DVD Gift Guide: What to get that cinephile in your life

Nothing says 'I'm apathetic towards your existence' more than an Amazon Gift Card. Show that cinephile in your life that you care by popping some of these movies into their Christmas stocking

Feature by Jamie Dunn | 01 Dec 2015

Mission: Impossible – Rogue Nation & Spy

(For those with James Bond fatigue)

The 007 series felt a bit tired with latest instalment Spectre, but it looks dead on its feet when compared to these two espionage offshoots. In the latest Mission: Impossible movie, Tom Cruise elevates the stunt to the kind of death-defying art form that Buster Keaton used to specialise in, but we also get Hitchcockian suspense (a dizzying assassination attempt at the Vienna Opera), a heart-in-mouth motorbike chase and a female love interest more badass than our hero. Similarly, Spy suggests that Moneypenny might be the match for Bond as Melissa McCarthy plays a CIA desk jockey thrown into a deadly field assignment. And anyone disappointed with Christoph Waltz’s limp baddie in Spectre should get a kick out of Rose Byrne as a catty Bulgarian super-villain with an Amy Winehouse barnet and a bag full of bitchy putdowns.

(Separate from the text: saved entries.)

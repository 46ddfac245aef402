-- ===== src/Webhooks/Retention/Whole.antt =====
-- A pass of the retention deletes old finished deliveries, and nothing else.
use bunmail.Prelude.{
  ℕ, zero, suc, ◌+◌, ◌*◌, ◌≤◌, ◌<◌, ◌≡◌, refl, sym, ap, ◌∙◌, String, Bool, not, [], ◌∷◌, ltb,
  filter, if◌then◌else◌, arith, Bool-cases, inl, inr,
}
use bunmail.Webhooks.Delivery.{Delivery, Deliveries}
use bunmail.Webhooks.Retention.{
  purge_max_batches, finished_before, purge_batch, purge_batches, purge_old_deliveries,
}

module _ (older_than : ℕ) where
  abbrev is_kept : String × Delivery → Bool
  is_kept e = not (finished_before older_than e.1)

  abbrev pub kept_deliveries : Deliveries → Deliveries
  kept_deliveries rows =
      filter (λ (e : String × Delivery). not (finished_before older_than e.1)) rows

  abbrev pub finished_count : Deliveries → ℕ
  finished_count [] = 0
  finished_count ((id, r) ∷ rows) =
      let rest = finished_count rows in if finished_before older_than r then suc rest else rest

  kept-purge_batch :
      (size : ℕ) (rows : Deliveries)
      → kept_deliveries (purge_batch older_than size rows).0 ≡ kept_deliveries rows
  unfolding purge_batch
  kept-purge_batch size [] = refl
  kept-purge_batch zero (e ∷ rows) = refl
  kept-purge_batch (suc size) ((id, r) ∷ rows) = elim (Bool-cases (finished_before older_than r)) [
    | inl t ↦ rw t (kept-purge_batch size rows)
    | inr f ↦ rw f (rw f (ap (◌∷◌ (id, r)) (kept-purge_batch (suc size) rows)))
  ]

  -- A batch deletes as many rows as it counts, and stops short only when none is left.
  finished_count-purge_batch :
      (size : ℕ) (rows : Deliveries)
      → ((purge_batch older_than size rows).1 ≤ size)
        × (finished_count (purge_batch older_than size rows).0
              + (purge_batch older_than size rows).1
            ≡ finished_count rows)
        × ((purge_batch older_than size rows).1 < size
            → finished_count (purge_batch older_than size rows).0 ≡ 0)
  unfolding purge_batch
  finished_count-purge_batch size [] = (omega arith, omega arith, λ h. refl)
  finished_count-purge_batch zero (e ∷ rows) = (omega arith, omega arith, λ h. absurd (omega arith))
  finished_count-purge_batch (suc size) ((id, r) ∷ rows) =
      elim (Bool-cases (finished_before older_than r)) [
        | inl t ↦
            (let (few, sum, last) = finished_count-purge_batch size rows in
              rw t (omega arith, omega arith, λ h. last (omega arith)))
        | inr f ↦
            (let (few, sum, last) = finished_count-purge_batch (suc size) rows in
              rw f (rw f (few, sum, last)))
      ]

  kept-none : (rows : Deliveries) → finished_count rows ≡ 0 → kept_deliveries rows ≡ rows
  kept-none [] h = refl
  kept-none ((id, r) ∷ rows) h = elim (Bool-cases (finished_before older_than r)) [
    | inl t ↦ absurd (let some_one : suc (finished_count rows) ≡ 0 = rw t at h in omega arith)
    | inr f ↦ rw f (ap (◌∷◌ (id, r)) (kept-none rows (rw f at h)))
  ]

  kept-purge_batches :
      (left size : ℕ) (rows : Deliveries)
      → kept_deliveries (purge_batches left older_than size rows).0 ≡ kept_deliveries rows
  unfolding purge_batches
  kept-purge_batches zero size rows = refl
  kept-purge_batches (suc left) size rows =
      let batch = purge_batch older_than size rows in
      elim (Bool-cases (ltb batch.1 size)) [
        | inl t ↦ rw t (kept-purge_batch size rows)
        | inr f ↦ rw f (kept-purge_batches left size batch.0 ∙ kept-purge_batch size rows)
      ]

  finished_count-purge_batches :
      (left size : ℕ) (rows : Deliveries)
      → finished_count rows ≤ left * size
      → (finished_count (purge_batches left older_than size rows).0 ≡ 0)
        × ((purge_batches left older_than size rows).1 ≡ finished_count rows)
  unfolding purge_batches
  finished_count-purge_batches zero size rows h = (omega arith, omega arith)
  finished_count-purge_batches (suc left) size rows h =
      let batch = purge_batch older_than size rows in
      let (few, sum, last) = finished_count-purge_batch size rows in
      elim (Bool-cases (ltb batch.1 size)) [
        | inl t ↦ (let none_left = last (ground arith) in rw t (none_left, omega arith))
        | inr f ↦
            (let full : batch.1 ≡ size = ground arith in
              let room : finished_count batch.0 ≤ left * size = grind arith in
              let (gone, total) = finished_count-purge_batches left size batch.0 room in
              rw f (gone, omega arith))
      ]

-- A pass of the retention keeps every delivery that is pending or that changed since the cutoff, in
-- order; and where at most a hundred batches are finished before the cutoff, it deletes just those,
-- all of them, and counts them.
pub purge_old_deliveries-kept :
    (rows : Deliveries) (older_than size : ℕ)
    → (kept_deliveries older_than (purge_old_deliveries rows older_than size).0
        ≡ kept_deliveries older_than rows)
      × (finished_count older_than rows ≤ 100 * size
          → purge_old_deliveries rows older_than size
            ≡ (kept_deliveries older_than rows, finished_count older_than rows))
unfolding purge_old_deliveries
purge_old_deliveries-kept rows older_than size =
    let kept = kept-purge_batches older_than purge_max_batches size rows in
    (
      kept,
      λ h.
          let (gone, total) =
            finished_count-purge_batches older_than purge_max_batches size rows h in
          let same =
            sym (kept-none older_than (purge_batches purge_max_batches older_than size rows).0 gone)
            ∙ kept in
          λ i. (same i, total i),
    )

Released on DVD and Blu-ray by Universal Pictures and 20th Century Fox respectively

The Shôhei Imamura Masterpiece Collection

(For lovers of debauched cinema)

Shôhei Imamura is Japan's greatest post-war director but his films are too seldom seen. This eight-film box set is a perfect introduction. Far removed from the serenity of Ozu and Mizoguchi, Imamura’s films are rambunctious and dazzling, concerned with sex, violence and the lives of Japan’s underclass of hookers and hustlers. Imamura summarised his career more succinctly: "I am interested in the relationship of the lower part of the human body and the lower part of the social structure."

Released on DVD and Blu-ray by Eureka Entertainment

The Adventures of Buckaroo Banzai Across the 8th Dimension & Zardoz

(For cultists)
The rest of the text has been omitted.